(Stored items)
'''

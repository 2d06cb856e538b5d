-- ===== src/DeviceMqtt.antt =====
-- src/mqtt/device_mqtt_impl.cpp: the MQTT device, over its introspection and its connection. The
-- methods that end the program (not yet implemented) are left out.
pub mod Preparing
pub mod Publishing
pub mod Delivery
pub mod Encoding
pub mod Interfaces
pub mod Lifecycle
pub mod Keeping
pub mod Accounts
pub mod Invariant
pub mod Ordering
pub mod Serving
pub mod RunTests
pub mod ServingTests
pub mod Tests
use astarte_device_sdk_cpp.Base.{
  ℕ, Bool, true, false, not, Option, none, some, List, [], ◌∷◌, Text, codes, length, ◌==◌,
  if◌then◌else◌, Result, ok, err, ◌>>=◌, ◌>>◌, reject_if, Error, Attempt, exception, returns,
}
use astarte_device_sdk_cpp.Base.Int.{ℤ}
use astarte_device_sdk_cpp.Data.{Doubles, Data}
use astarte_device_sdk_cpp.Json.{JsonLibrary}
use astarte_device_sdk_cpp.Interface.{Interface, validate_individual, validate_object, get_qos}
use astarte_device_sdk_cpp.Interface.Parse.{try_from_json}
use astarte_device_sdk_cpp.Introspection.{Introspection, checked_insert, get}
use astarte_device_sdk_cpp.Persistence.{FileSystem, Files}
use astarte_device_sdk_cpp.Serialize.{
  JsonBuilder, serialize_astarte_individual, serialize_astarte_object,
}
use astarte_device_sdk_cpp.Session.{Session, Client, Identity}
use astarte_device_sdk_cpp.Connection.{Waits, send}
use astarte_device_sdk_cpp.Connection

pub record DeviceMqtt : Type 0 where
  pub introspection : Introspection
  pub session : Session

abbrev pub is_connected : DeviceMqtt → Bool
is_connected device = device.session.connected

-- An interface that was read goes to `checked_insert`; an error is returned.
unfoldable pub insert_read : DeviceMqtt → Result Interface → DeviceMqtt × Result (Unit {0})
insert_read device (err e) = (device, err e)
insert_read device (ok interface) =
    let (introspection, outcome) = checked_insert device.introspection interface in
    (record device { introspection = introspection }, outcome)

module _ (lib : JsonLibrary) (parse : Text → Option lib.Json) where
  -- The interface that a text describes; `parse` has no result where it throws.
  unfoldable pub interface_from_str : Text → Result Interface
  interface_from_str interface_str = elim (parse interface_str) [
    | none ↦ err Error.json_parsing_error
    | some interface_json ↦ try_from_json lib interface_json
  ]

  unfoldable pub add_interface_from_str : DeviceMqtt → Text → DeviceMqtt × Result (Unit {0})
  add_interface_from_str device interface_str =
      insert_read device (interface_from_str interface_str)

  -- The text of a file that can be opened.
  unfoldable pub add_interface_from_file :
      FileSystem → Files → DeviceMqtt → Text → DeviceMqtt × Result (Unit {0})
  add_interface_from_file fs files device json_file = elim (files json_file) [
    | none ↦ (device, err Error.file_open_error)
    | some interface_str ↦
        if fs.opens_to_read json_file
        then add_interface_from_str device interface_str
        else (device, err Error.file_open_error)
  ]

module _ {d : Doubles} (builder : JsonBuilder d) where
  open d use {Double}
  open builder use {Json, null, is_empty, dump, to_bson}

  -- The bytes of a document, whose text is made first for the log, at any level of it.
  unfoldable pub encode : Json → Option Text
  encode bson = elim (dump bson) [ none ↦ none | some text ↦ to_bson bson ]

  abbrev pub with_bytes : ℕ → Option Text → Attempt (ℕ × Text)
  with_bytes qos none = exception
  with_bytes qos (some bytes) = returns (ok (qos, bytes))

  -- An error of the checks is returned; otherwise the document is encoded.
  unfoldable pub encoded : Result (ℕ × Json) → Attempt (ℕ × Text)
  encoded (err e) = returns (err e)
  encoded (ok (qos, bson)) = with_bytes qos (encode bson)

  -- The checks of `send_individual` before the connection is used: the quality of service and the
  -- document to publish.
  unfoldable pub check_individual :
      DeviceMqtt → Text → Text → Data Double → Option ℤ → Result (ℕ × Json)
  check_individual device interface_name path data' timestamp = do
    reject_if (not (is_connected device)) Error.mqtt_error
    interface ← get device.introspection interface_name
    validate_individual d interface path data' timestamp
    qos ← get_qos interface path
    let bson = serialize_astarte_individual builder null (codes "v") data' timestamp
    reject_if (is_empty bson) Error.data_serialization_error
    ok (qos, bson)

  -- The checks of `send_object`.
  unfoldable pub check_object :
      DeviceMqtt → Text → Text → List (Text × Data Double) → Option ℤ → Result (ℕ × Json)
  check_object device interface_name path object timestamp = do
    reject_if (not (is_connected device)) Error.mqtt_error
    interface ← get device.introspection interface_name
    reject_if (not (length interface.mappings == length object)) Error.interface_validation_error
    validate_object d interface path object timestamp
    qos ← get_qos interface path
    let bson = serialize_astarte_object builder null object timestamp
    reject_if (is_empty bson) Error.data_serialization_error
    ok (qos, bson)

  -- What the two methods do before the connection is used.
  unfoldable pub prepare_individual :
      DeviceMqtt → Text → Text → Data Double → Option ℤ → Attempt (ℕ × Text)
  prepare_individual device interface_name path data' timestamp =
      encoded (check_individual device interface_name path data' timestamp)

  unfoldable pub prepare_object :
      DeviceMqtt → Text → Text → List (Text × Data Double) → Option ℤ → Attempt (ℕ × Text)
  prepare_object device interface_name path object timestamp =
      encoded (check_object device interface_name path object timestamp)

module _ (client : Client) (waits : Waits) (self : Identity) where
  -- `return connection_.send(…)`, or the error of the checks, or the exception.
  unfoldable pub deliver :
      DeviceMqtt → Text → Text → Attempt (ℕ × Text) → DeviceMqtt × Attempt (Unit {0})
  deliver device interface_name path exception = (device, exception)
  deliver device interface_name path (returns (err e)) = (device, returns (err e))
  deliver device interface_name path (returns (ok (qos, bytes))) =
      let (session, outcome) =
        send client waits self device.session interface_name path qos bytes in
      (record device { session = session }, returns outcome)

  module _ {d : Doubles} (builder : JsonBuilder d) where
    unfoldable pub send_individual :
        DeviceMqtt → Text → Text → Data d.Double → Option ℤ → DeviceMqtt × Attempt (Unit {0})
    send_individual device interface_name path data' timestamp =
        deliver device interface_name path
          (prepare_individual builder device interface_name path data' timestamp)

    unfoldable pub send_object :
        DeviceMqtt
        → Text
        → Text
        → List (Text × Data d.Double)
        → Option ℤ
        → DeviceMqtt × Attempt (Unit {0})
    send_object device interface_name path object timestamp =
        deliver device interface_name path
          (prepare_object builder device interface_name path object timestamp)

unfoldable pub disconnect : Client → Waits → DeviceMqtt → DeviceMqtt × Result (Unit {0})
disconnect client waits device =
    if not (is_connected device)
    then (device, ok tt)
    else let (session, outcome) = Connection.disconnect client waits device.session in
      (record device { session = session }, outcome)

'''

- [PROBLEM TO SOLVE] Report, from the entries above, each line where "Base" is found.

- [RESPONSE AREA]
use astarte_device_sdk_cpp.Base.{
use astarte_device_sdk_cpp.Base.Int.{ℤ}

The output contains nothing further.